ResistMuchObeyLittle said:


> Yes, I'm out and about. To me there's nothing more amazing than seeing the country this way. I'm a very quiet type, So i'm not really one to want to strike up conversations with people- which, a lot of people ask about bike touring,where you going, etc. etc. I'm trying to get use to that. are you out and about Geraldo?
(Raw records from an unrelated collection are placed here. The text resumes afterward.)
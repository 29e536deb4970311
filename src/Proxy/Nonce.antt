-- ===== src/Proxy/Nonce.antt =====
-- `stripProxyNonce` and `mustQueryUnescape` of internal/api/v1/proxy.go. `url.QueryUnescape` and the case
-- folding of `strings.EqualFold` are parameters.
use aniraku_backend.Base.{
  ◌==◌, if◌then◌else◌, length, any, Text, codes, text_eq, cut, split, ◌≡◌, refl, Bool, not, ◌&&◌,
  ◌||◌, Option, none, some, List, [], ◌∷◌, ◌++◌, arith,
}

unfoldable pub param_name : Text → Text
unfolding cut
param_name part = elim (cut b'=' part) [ none ↦ part | some (front, back) ↦ front ]

unfoldable pub join_params : List Text → Text
join_params [] = []
join_params (p ∷ []) = p
join_params (p ∷ ps) = p ++ b'&' ∷ join_params ps

-- `strings.Split(raw, "&")` without the empty parts and the parts named `rn`; the flag is `hasRN`.
module _ (query_unescape : Text → Option Text) (fold : Text → Text) where
  -- `strings.EqualFold` is the comparison of what `fold` gives.
  unfoldable pub is_nonce : Text → Bool
  unfolding param_name text_eq
  is_nonce part =
      let name = param_name part in
      text_eq name (codes "rn")
      || text_eq (fold (elim (query_unescape name) [ none ↦ name | some d ↦ d ]))
          (fold (codes "rn"))

  unfoldable pub kept_params : List Text → List Text
  unfolding is_nonce
  kept_params [] = []
  kept_params (part ∷ parts) =
      let rest = kept_params parts in if text_eq part [] || is_nonce part then rest else part ∷ rest

  unfoldable pub has_nonce : List Text → Bool
  unfolding is_nonce
  has_nonce parts = any (λ part. not (text_eq part []) && is_nonce part) parts

  unfoldable pub strip_proxy_nonce : Text → Text
  unfolding cut kept_params has_nonce join_params split
  strip_proxy_nonce u = elim (cut b'?' u) [
    | none ↦ u
    | some (front, raw) ↦
        let parts = split b'&' raw in
        let kept = kept_params parts in
        if not (has_nonce parts)
        then u
        else if length kept == 0
        then front
        else front ++ b'?' ∷ join_params kept
  ]

-- The parameters of a URL, as they stand in it.
unfoldable pub query_params : Text → List Text
unfolding cut split
query_params u = elim (cut b'?' u) [ none ↦ [] | some (front, raw) ↦ split b'&' raw ]

-- What stands before the parameters.
unfoldable pub before_query : Text → Text
unfolding cut
before_query u = elim (cut b'?' u) [ none ↦ u | some (front, raw) ↦ front ]

module _ (query_unescape : Text → Option Text) (fold : Text → Text) where
  kept_params_twice :
      (ps : List Text)
      → kept_params query_unescape fold (kept_params query_unescape fold ps)
        ≡ kept_params query_unescape fold ps
  unfolding kept_params
  kept_params_twice [] = refl
  kept_params_twice (p ∷ ps) = ground (arith, kept_params_twice ps)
Not quite yet. I got five more weeks of work and one week of clearing out my apartment before I'm there yet. But it appers that I either already have everything I need or it's being made. So I'm just counting down the seconds


----------



## hazeinmybong (May 31, 2018)

People do like to chat about touring. They always want to know about goals and if I'm riding for a cause or something. I made a profile on warmshowers with the login WhiteDjango and they banned me. They told me warmshowers is not some kind of sluturnative living place.


----------



## ResistMuchObeyLittle (Jun 16, 2018)

UPDATE: I got my bike off of craigslist, a steel frame, mid 90's Schwinn for $60. I put a front and rear rack on it, put Schwalbe marathon tires on it, changed the crankshaft since shimano had a recall back in 97' and they still are honoring that recall. I got some decent panniers(originally made bucket panniers) also added a few dry bags that i got at a great discount that way shit stays somewhat dry.
i also added a picture of the same bike but different color that a guy totally revamped. His project turned out amazing. Thanks goes to Gypsybones for all his advice!


----------



## MFB (Jun 20, 2018)

As Budget-y as it gets....
Once I road a $40 Wal-Mart bike across Cent Am; Plus $1 for some bungees to lash my pack to the rack.
About 3,000 miles over 60 days.
It was dope. And excrutiating.
Other bike tour-ers, we'd get to chattin, were a mixture of befuddled and offended when the saw my rig.

Todo Terraino, yo


----------



## ResistMuchObeyLittle (Jun 21, 2018)

That's so badass.


----------



## ResistMuchObeyLittle (Aug 13, 2018)

Used an old lunch bag and zip tied it to the front rack to carry my bike tools in. Zip ties are great!


----------